Ce soir-là, je me suis rendu compte que nos enfants ne sont pas fous et que, même en très bas âge, les chicanes que nous avons peuvent les affecter.

Malgré cela, je crois que ce n’est pas mauvais que mes enfants assistent parfois à des disputes entre nous, lorsque celles-ci sont bien menées. Après tout, ils apprennent en nous voyant échanger, négocier et trouver un terrain d’entente. Les chicanes font partie de la vie et une fois qu’elles sont réglées, la relation peut se poursuivre sans en être entachée!

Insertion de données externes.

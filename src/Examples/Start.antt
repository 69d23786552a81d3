-- ===== src/Examples/Start.antt =====
-- A server without keys in its environment, and a listener that lets two clients in.
use sodp.Base.{String, ◌≡◌, ◌↔◌, refl, none, some, Option, true}
use sodp.Base.{[]}
use sodp.Base.IdMap.{IdMap}
use sodp.Frame.{Bytes}
use sodp.Acl.{AclRegistry}
use sodp.Schema.{SchemaRegistry}
use sodp.Server.Startup.{Env, SodpServer, new}
use sodp.Server.Launch.{unset, launch, launch_open}
use sodp.Examples.Stores.{codec}
use sodp.Server.Listener.{Listener, idle}

abbrev bare : Env
bare name = none

abbrev no_file : String → Option String
no_file path = none

abbrev no_acl : String → Option AclRegistry
no_acl path = none

abbrev no_logs : String → IdMap Bytes
no_logs dir = []

abbrev no_schema : String → Option SchemaRegistry
no_schema path = none

-- Started without arguments.
abbrev started : SodpServer
started = new bare no_file no_acl

launch-started : launch bare no_file no_acl codec no_logs no_schema none none unset ≡ some started
unfolding launch
launch-started = refl

launch_open_example : (started.jwt_config ≡ none) ↔ (
    (bare "SODP_JWT_PUBLIC_KEY" ≡ none)
    × ((path : String) → bare "SODP_JWT_PUBLIC_KEY_FILE" ≡ some path → no_file path ≡ none)
    × (bare "SODP_JWT_SECRET" ≡ none))
launch_open_example =
    launch_open bare no_file no_acl codec no_logs no_schema none none unset started launch-started

-- One client is served, and the second and last one is let in.
abbrev busy : Listener
busy = record (idle (some 2)) { connections = 1; admitting = true; serving = 1 }
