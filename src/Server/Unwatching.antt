-- ===== src/Server/Unwatching.antt =====
-- UNWATCH: what is left of the session on the bus under the keys that it names.
use sodp.Base.{
  ℕ, String, ◌≡◌, refl, ◌≢◌, sym, ◌∙◌, subst, Bool, true, false, none, some, List, [], ◌∷◌, All,
  arith, retain, str_eq, eq_iff, eq_refl, ◌==◌, ==_iff, if◌then◌else◌, Bool-cases, Option-cases,
  inl, inr,
}
use sodp.Base.Dict
use sodp.Base.IdMap
use sodp.Base.IdMap.{IdMap}
use sodp.Frame.{Frame}
use sodp.Session.{WatchEntry, find_watch, watch_stream_id, remove_watch}
use sodp.Fanout.{Subscriber, FanoutBus, subscribers, is_other, mem_text, unsubscribe}
use sodp.Server.{Connection}
use sodp.Server.Watch.{keys_of, unwatch_key, unwatch_keys, handle_unwatch}
use sodp.Server.Departure.{All-retain}

-- Each stream id stands once.
abbrev pub IsUniqueIds : IdMap WatchEntry → Type 0
IsUniqueIds [] = Unit
IsUniqueIds ((i, e) ∷ ws) = (IdMap.get ws i ≡ none) × IsUniqueIds ws

remove_absent : (ws : IdMap WatchEntry) (i : ℕ) → IdMap.get ws i ≡ none → IdMap.remove ws i ≡ ws
unfolding IdMap.get IdMap.remove
remove_absent [] i h = refl
remove_absent ((j, e) ∷ ws) i h = ground (arith, remove_absent ws i)

remove-IsUniqueIds :
    (ws : IdMap WatchEntry) (i : ℕ) → IsUniqueIds ws → IsUniqueIds (IdMap.remove ws i)
unfolding IdMap.remove
remove-IsUniqueIds [] i u = tt
remove-IsUniqueIds ((j, e) ∷ ws) i u = elim (Bool-cases (j == i)) [
  | inl same ↦ rw same (remove-IsUniqueIds ws i u.1)
  | inr other ↦ rw other (ground (arith, u.0, IdMap.get-remove ws i j), remove-IsUniqueIds ws i u.1)
]

-- The stream that is found has an entry.
found_there :
    (k : String) (ws : IdMap WatchEntry) (i : ℕ) → find_watch k ws ≡ some i → IdMap.get ws i ≢ none
unfolding find_watch IdMap.get
found_there k [] i h = ground arith
found_there k ((j, e) ∷ ws) i h = ground (arith, found_there k ws i)

-- The end of a stream of one key leaves the streams of another.
find_watch-remove_other :
    (k key : String) (ws : IdMap WatchEntry) (i : ℕ)
    → str_eq k key ≡ false
    → IsUniqueIds ws
    → find_watch k ws ≡ some i
    → find_watch key (IdMap.remove ws i) ≡ find_watch key ws
unfolding find_watch IdMap.remove IdMap.get
find_watch-remove_other k key [] i ne u h = refl
find_watch-remove_other k key ((j, e) ∷ ws) i ne u h = elim (Bool-cases (str_eq e.state_key k)) [
  | inl same ↦
      let here : j ≡ i = ground arith in
      let gone : IdMap.remove ws i ≡ ws =
        remove_absent ws i (subst (λ n. IdMap.get ws n ≡ none) here u.0) in
      let not_key : str_eq e.state_key key ≡ false =
        subst (λ t. str_eq t key ≡ false) (sym ((eq_iff e.state_key k).0 same)) ne in
      rw ((==_iff j i).1 here, gone, not_key) refl
  | inr other ↦
      let later : find_watch k ws ≡ some i = ground arith in
      let apart : (j == i) ≡ false = ground (arith, u.0, found_there k ws i later) in
      rw (apart, find_watch) (rw (find_watch-remove_other k key ws i ne u.1 later) refl)
]

-- No subscriber of the key is of the session.
abbrev pub Quiet : Connection → String → Type 0
Quiet c key = All (λ s. is_other c.session.id s ≡ true) (subscribers c.fanout key)

-- A session that has no watch of the key has no subscription.
pub record IsWatched (c : Connection) (key : String) : Type 0 where
  pub unique : IsUniqueIds c.session.watches
  pub quiet : watch_stream_id c.session key ≡ none → Quiet c key

subscribers-unsubscribe :
    (bus : FanoutBus) (k id key : String)
    → subscribers (unsubscribe bus k id) key
      ≡ (if str_eq k key then retain (is_other id) (subscribers bus key) else subscribers bus key)
unfolding unsubscribe
subscribers-unsubscribe bus k id key = elim (Option-cases (Dict.get bus.subscriptions k)) [
  | inl absent ↦
      rw (absent, unsubscribe)
        (elim (Bool-cases (str_eq k key)) [
          | inr other ↦ rw other refl
          | inl same ↦
              let here : Dict.get bus.subscriptions key ≡ none =
                subst (λ j. Dict.get bus.subscriptions j ≡ none) ((eq_iff k key).0 same) absent in
              rw (same, here) refl
        ])
  | inr (subs, found) ↦
      rw (found, unsubscribe)
        (rw (Dict.get-insert bus.subscriptions k key (retain (is_other id) subs))
          (elim (Bool-cases (str_eq k key)) [
            | inr other ↦ rw other refl
            | inl same ↦
                let here : Dict.get bus.subscriptions key ≡ some subs =
                  subst (λ j. Dict.get bus.subscriptions j ≡ some subs) ((eq_iff k key).0 same)
                    found in
                rw (same, here) refl
          ]))
]

All-retain_kept :
    (p q : Subscriber → Bool) (subs : List Subscriber)
    → All (λ s. p s ≡ true) subs
    → All (λ s. p s ≡ true) (retain q subs)
All-retain_kept p q [] h = tt
All-retain_kept p q (s ∷ subs) h = elim (Bool-cases (q s)) [
  | inl kept ↦ rw kept (h.0, All-retain_kept p q subs h.1)
  | inr left ↦ rw left (All-retain_kept p q subs h.1)
]

module _ (c : Connection) (k key : String) where
  unwatch_key-Quiet : Quiet c key → Quiet (unwatch_key c k) key
  unfolding remove_watch
  unwatch_key-Quiet q = elim (Option-cases (watch_stream_id c.session k)) [
    | inl nothing_there ↦ rw (nothing_there, unwatch_key) q
    | inr (i, found) ↦
        rw (found, unwatch_key)
          (rw (subscribers-unsubscribe c.fanout k c.session.id key)
            (elim (Bool-cases (str_eq k key)) [
              | inl same ↦ rw same (All-retain (is_other c.session.id) (subscribers c.fanout key))
              | inr other ↦ rw other q
            ]))
  ]

  unwatch_key-IsWatched : str_eq k key ≡ false → IsWatched c key → IsWatched (unwatch_key c k) key
  unfolding remove_watch watch_stream_id
  unwatch_key-IsWatched ne w = elim (Option-cases (watch_stream_id c.session k)) [
    | inl nothing_there ↦ rw (nothing_there, unwatch_key) w
    | inr (i, found) ↦
        rw (found, unwatch_key)
          (record {
            unique = remove-IsUniqueIds c.session.watches i w.unique;
            quiet = λ e.
                rw (subscribers-unsubscribe c.fanout k c.session.id key, ne)
                  (w.quiet (
                    sym (find_watch-remove_other k key c.session.watches i ne w.unique found) ∙ e));
          })
  ]

unwatch_key_self : (c : Connection) (key : String) → IsWatched c key → Quiet (unwatch_key c key) key
unfolding remove_watch
unwatch_key_self c key w = elim (Option-cases (watch_stream_id c.session key)) [
  | inl nothing_there ↦ rw (nothing_there, unwatch_key) (w.quiet nothing_there)
  | inr (i, found) ↦
      rw (found, unwatch_key)
        (rw (subscribers-unsubscribe c.fanout key c.session.id key, eq_refl key)
          (All-retain (is_other c.session.id) (subscribers c.fanout key)))
]

session_id-unwatch_key : (c : Connection) (k : String) → (unwatch_key c k).session.id ≡ c.session.id
unfolding remove_watch
session_id-unwatch_key c k = elim (Option-cases (watch_stream_id c.session k)) [
  | inl nothing_there ↦ rw (nothing_there, unwatch_key) refl
  | inr (i, found) ↦ rw (found, unwatch_key) refl
]

session_id-unwatch_keys :
    (c : Connection) (keys : List String) → (unwatch_keys c keys).session.id ≡ c.session.id
unfolding unwatch_keys
session_id-unwatch_keys c [] = refl
session_id-unwatch_keys c (k ∷ rest) =
    session_id-unwatch_keys (unwatch_key c k) rest ∙ session_id-unwatch_key c k

unwatch_keys-Quiet :
    (c : Connection) (keys : List String) (key : String)
    → Quiet c key
    → Quiet (unwatch_keys c keys) key
unfolding unwatch_keys
unwatch_keys-Quiet c [] key q = q
unwatch_keys-Quiet c (k ∷ rest) key q =
    unwatch_keys-Quiet (unwatch_key c k) rest key (unwatch_key-Quiet c k key q)

unwatch_keys_named :
    (c : Connection) (keys : List String) (key : String)
    → IsWatched c key
    → mem_text keys key ≡ true
    → Quiet (unwatch_keys c keys) key
unfolding unwatch_keys
unwatch_keys_named c [] key w m = ground arith
unwatch_keys_named c (k ∷ rest) key w m = elim (Bool-cases (str_eq k key)) [
  | inl same ↦ unwatch_keys-Quiet (unwatch_key c k) rest key (
      subst (λ j. Quiet (unwatch_key c j) key) (sym ((eq_iff k key).0 same))
        (unwatch_key_self c key w))
  | inr other ↦
      unwatch_keys_named (unwatch_key c k) rest key (unwatch_key-IsWatched c k key other w)
        (ground arith)
]

-- After an UNWATCH no subscriber of a key that it names is of the session, so that no broadcast of
-- the key reaches it, however often it had watched the key, if it had no subscription without a
-- watch and its stream ids were distinct.
pub handle_unwatch-Quiet :
    (f : Frame) (c : Connection) (keys : List String) (key : String)
    → keys_of f.body ≡ some keys
    → mem_text keys key ≡ true
    → IsWatched c key
    → All (λ s. is_other c.session.id s ≡ true) (subscribers (handle_unwatch f c).fanout key)
unfolding handle_unwatch
handle_unwatch-Quiet f c keys key e m w =
    rw (e, handle_unwatch)
      (subst (λ id. All (λ s. is_other id s ≡ true) (subscribers (unwatch_keys c keys).fanout key))
        (session_id-unwatch_keys c keys) (unwatch_keys_named c keys key w m))
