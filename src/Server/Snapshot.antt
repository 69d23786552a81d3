-- ===== src/Server/Snapshot.antt =====
-- WATCH and then a write: the snapshot that a client gets and the delta after it fit together.
use sodp.Base.{
  ℕ, ◌+◌, ◌%◌, ◌^◌, ◌≤◌, ◌≡◌, refl, ap, ◌∙◌, String, Bool, true, false, not, Option, some, none,
  List, [], ◌∷◌, ◌++◌, arith, length, length-append, append_assoc, retain, ◌==◌, ==_iff, str_eq,
  eq_refl,
}
use sodp.Base.Dict
use sodp.Base.Dict.{get-insert}
use sodp.Base.IdMap
use sodp.Json.{Value, null, WellFormed}
use sodp.Delta.{DeltaOp}
use sodp.Delta.Apply.{SafeKeys}
use sodp.Frame.{Frame, Bytes, OutboundMsg, frame, state_init}
use sodp.Session.{Session, next_seq, allocate_stream, add_watch}
use sodp.Fanout.{WriteHandle, Subscriber, FanoutBus, subscribe, subscribers, is_included, or_empty}
use sodp.Fanout.Delivery.{queued, get-send_self}
use sodp.State
use sodp.State.{StateEntry, ops_for, next_version}
use sodp.State.CatchUp.{value_of}
use sodp.Server.{
  Config, Connection, send_msg, reply, send_state_init, open_stream, subscribe_key, version_or_zero,
  is_there, value_or,
}
use sodp.Server.Call.{store_value, nothing}
use sodp.Server.Lifecycle.{shared_of, connected}
use sodp.Server.Watching.{IsWatching}
use sodp.Server.Following.{follow, Decodes, store_value-Follows}

subscribers-subscribe :
    (bus : FanoutBus) (key : String) (s : Subscriber)
    → subscribers (subscribe bus key s) key ≡ subscribers bus key ++ s ∷ []
unfolding subscribe
subscribers-subscribe bus key s =
    ap or_empty (get-insert bus.subscriptions key key (subscribers bus key ++ s ∷ []))
    ∙ (rw (eq_refl key) refl)

retain_last :
    (p q : Subscriber → Bool) (subs : List Subscriber) (s : Subscriber)
    → retain p subs ≡ []
    → p s ≡ true
    → q s ≡ true
    → retain p (retain q (subs ++ s ∷ [])) ≡ s ∷ []
retain_last p q [] s h ps qs = ground arith
retain_last p q (t ∷ subs) s h ps qs = ground (arith, retain_last p q subs s)

-- The STATE_INIT that a connection sends for a key on its next stream.
abbrev pub snapshot : Connection → String → Option Value → Frame
snapshot c key params =
    let found = State.get c.state key in
    state_init c.session.next_stream_id ((c.session.seq_counter + 1) % 2 ^ 64) key
      (version_or_zero found) (value_of found) (is_there found) params

-- The client's queue is open with room for two messages, and none of it watches the key yet.
pub record CanWatch (c : Connection) (key : String) (h : WriteHandle) : Type 0 where
  pub found : IdMap.get c.handles c.handle ≡ some h
  pub open_handle : h.closed ≡ false
  pub room : length h.outbound + 2 ≤ h.capacity
  pub fresh : retain (λ t. t.write == c.handle) (subscribers c.fanout key) ≡ []

value_or-value_of : (o : Option StateEntry) → value_or null o ≡ value_of o
value_or-value_of none = refl
value_or-value_of (some e) = refl

module _ (c : Connection) (key : String) (params : Option Value) (h : WriteHandle)
    (w : CanWatch c key h) where
  -- The subscription that WATCH makes.
  abbrev pub subscriber : Subscriber
  subscriber = record {
    session_id = c.session.id;
    stream_id = c.session.next_stream_id;
    write = c.handle;
  }

  abbrev watched : Connection
  watched = subscribe_key c key params

  with_snapshot : WriteHandle
  with_snapshot = queued h (frame (snapshot c key params) ∷ [])

  queue-subscribe_key : IdMap.get watched.handles c.handle ≡ some with_snapshot
  unfolding subscribe_key open_stream send_state_init reply send_msg next_seq allocate_stream
      add_watch with_snapshot
  queue-subscribe_key =
      get-send_self c.handles c.handle h _ w.found w.open_handle (omega (arith, w.room))
      ∙ ap
          (λ v. some (
            queued h (
              frame (
                state_init c.session.next_stream_id ((c.session.seq_counter + 1) % 2 ^ 64) key
                  (version_or_zero (State.get c.state key)) v (is_there (State.get c.state key))
                  params)
              ∷ [])))
          (value_or-value_of (State.get c.state key))

  subscribers-subscribe_key :
      subscribers watched.fanout key ≡ subscribers c.fanout key ++ subscriber ∷ []
  unfolding subscribe_key open_stream send_state_init reply send_msg next_seq allocate_stream
      add_watch
  subscribers-subscribe_key = subscribers-subscribe c.fanout key subscriber

  state-subscribe_key : watched.state ≡ c.state
  unfolding subscribe_key open_stream send_state_init reply send_msg next_seq allocate_stream
      add_watch
  state-subscribe_key = refl

  module _ (writer : Session) (handle : ℕ) (distinct : (handle == c.handle) ≡ false)
      (other : str_eq c.session.id writer.id ≡ false) where
    abbrev pub writing : Connection
    writing = connected (shared_of watched) writer handle

    only_subscriber :
        retain
          (λ t. t.write == c.handle)
          (retain (is_included (some writer.id)) (subscribers writing.fanout key))
        ≡ subscriber ∷ []
    only_subscriber =
        ap (λ l. retain (λ t. t.write == c.handle) (retain (is_included (some writer.id)) l))
          subscribers-subscribe_key
        ∙ retain_last (λ t. t.write == c.handle) (is_included (some writer.id))
            (subscribers c.fanout key) subscriber w.fresh ((==_iff c.handle c.handle).1 refl)
            (ap not other)

    watched-IsWatching : IsWatching writing key c.handle with_snapshot subscriber
    unfolding with_snapshot
    watched-IsWatching = record {
      found = queue-subscribe_key;
      open_handle = w.open_handle;
      room = omega (arith, w.room, length-append h.outbound (frame (snapshot c key params) ∷ []));
      other = distinct;
      alone = only_subscriber;
    }

    -- When a client subscribes to a key, and then another session stores a value there, whether the
    -- schema lets it or not, the client's queue has gained the STATE_INIT of the value at the time
    -- and then messages that lead this value to the one that is stored in the end, if the queue had
    -- room for two and no stream on the key, rmp_serde reads a delta's body back, and both values
    -- are well formed with keys that a path can name.
    pub subscribe_key-Follows :
        (cfg : Config) (decode : Bytes → Option (List DeltaOp)) (value : Value) (f : Frame)
        (call_id : String)
        → Decodes cfg decode (next_version c.state) (ops_for (Dict.get c.state.entries key) value)
        → WellFormed (value_of (State.get c.state key))
        → WellFormed value
        → SafeKeys (value_of (State.get c.state key))
        → SafeKeys value
        → let after = store_value cfg writing f call_id key value nothing in
          (msgs : List OutboundMsg) × (IdMap.get after.handles c.handle
            ≡ some (record h { outbound = h.outbound ++ frame (snapshot c key params) ∷ msgs }))
          × (follow decode c.session.next_stream_id (value_of (State.get c.state key)) msgs
              ≡ value_of (State.get after.state key))
    unfolding subscribe_key open_stream send_state_init reply send_msg next_seq allocate_stream
        add_watch with_snapshot
    subscribe_key-Follows cfg decode value f call_id d wo wn so sn =
        let r =
          store_value-Follows cfg decode writing key c.handle with_snapshot subscriber
            watched-IsWatching value f call_id d wo wn so sn in
        (
          r.msgs,
          r.queue
              ∙ ap (λ l. some (record h { outbound = l }))
                  (append_assoc h.outbound (frame (snapshot c key params) ∷ []) r.msgs),
          r.leads,
        )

Je ferai quand même doublement attention à l’avenir. Et, advenant que le ton monte, il y a toujours la possibilité de faire subtilement semblant de donner raison à ma douce devant les petits… Puis de revenir à la charge un peu plus tard! Tactique de gars. Ah! Ah!

 

Jean-François Quessy est aussi l’auteur du blogue  Un gars un père.

 

Photo : iStock.com/PeopleImages

Commentaires (4)

  1. mère 23 février 2016 à 12 h 47 min
    Moi je pense qu'il ne faut jamais afficher de tel comportement devant les enfants parce qu'ils peuvent être psychologiquement affectés. Merci.
  2. Annie 25 février 2016 à 07 h 28 min
    Merci monsieur Quessy pour ce point de vue qui se rapproche du mien! J'ai été élevée par des parents qui n'affichaient jamais jamais de désaccords devant nous, et je crois que ça m'a peut-être donné une idée un peu utopique de la relation de couple.... En fait, la seule fois où j'ai été témoin d'une dispute entre mes parents, ça été quelques jours avant leur séparation! Alors quand j'ai habité avec mon conjoint, j'ai été choquée, et même déstabilisée par la quantité de désaccords que nous pouvions avoir! Je dose mon propos en spécifiant que nous ne nous "enguelons" ou insultons JAMAIS, en privé comme en public, mais nous argumentons très souvent. Et nous continuons sans se gêner si notre garçon de 17 mois est avec nous à ce moment-là. Quand ma mère en est témoin, elle nous somme d'arrêter, alors on règle ça plus tard.... pendant la sieste de grand-maman! 😅
  3. Cris 1 mars 2016 à 13 h 40 min
    Bonjour M. Quessy. Je suis en quelque sorte d'accord avec vous et avec Annie. Les parents ne doivent pas donner une impression de perfection de la relation de couple, car cela pourrait affecter le regard du futur adulte sur le vrai monde. Mais, de l'autre côté de la médaille, une relation trop tumultueuse pourrait avoir un impact encore plus négatif. Je ne parle pas à travers mon chapeau, je viens d'une famille ou les chicanes, les engueulades et les insultes entre parents étaient à l'ordre du jour et j'ai fini par essayer de me suicider à l'age de 13 ans. Ce milieu plus que nocif m'a donné peur des relations de couple, et j'ai été plus que chanceuse de trouver quelqu'un de compréhensif et de calme. Je suis maintenant mère d'un petit de 6 ans et nous essayons de ne pas nous chicaner trop fort, trop longtemps ou trop souvent devant lui. Par contre, nos argumentations (et je peux accentuer le fait qu'il y a jamais d'insultes entre nous, et que tous se passe dans le respect) peuvent être bénéfiques. Elles donnent à notre enfant des exemples de solutions pour les conflits imminents de la vraie vie. Au fond, la vie n'est pas parfaite et tous les enfants doivent le savoir avant d'être blessés par une utopie qui n'existe pas.
  4. Jean-François Quessy 1 mars 2016 à 14 h 03 min
    Bonjour, votre propos rejoint tout à fait le mien. Nier l'existence des disputes et des désaccords peut probablement leur donner une vision biaisée des relations réelles. Si nos enfants « assistent » à quelques accrochages (et on se comprend bien qu'on ne parle pas de chicanes à répétition qui viennent empoisonner le climat de vie familial), ils peuvent, à mon humble avis, en retirer certainement du positif. Mais, encore là, tout est dans la façon de le faire parce que rapidement, comme je l'ai écrit dans mon texte, une dispute qui se déroule sans avoir conscience de la présence des tout-petits peut devenir rapidement néfaste pour eux.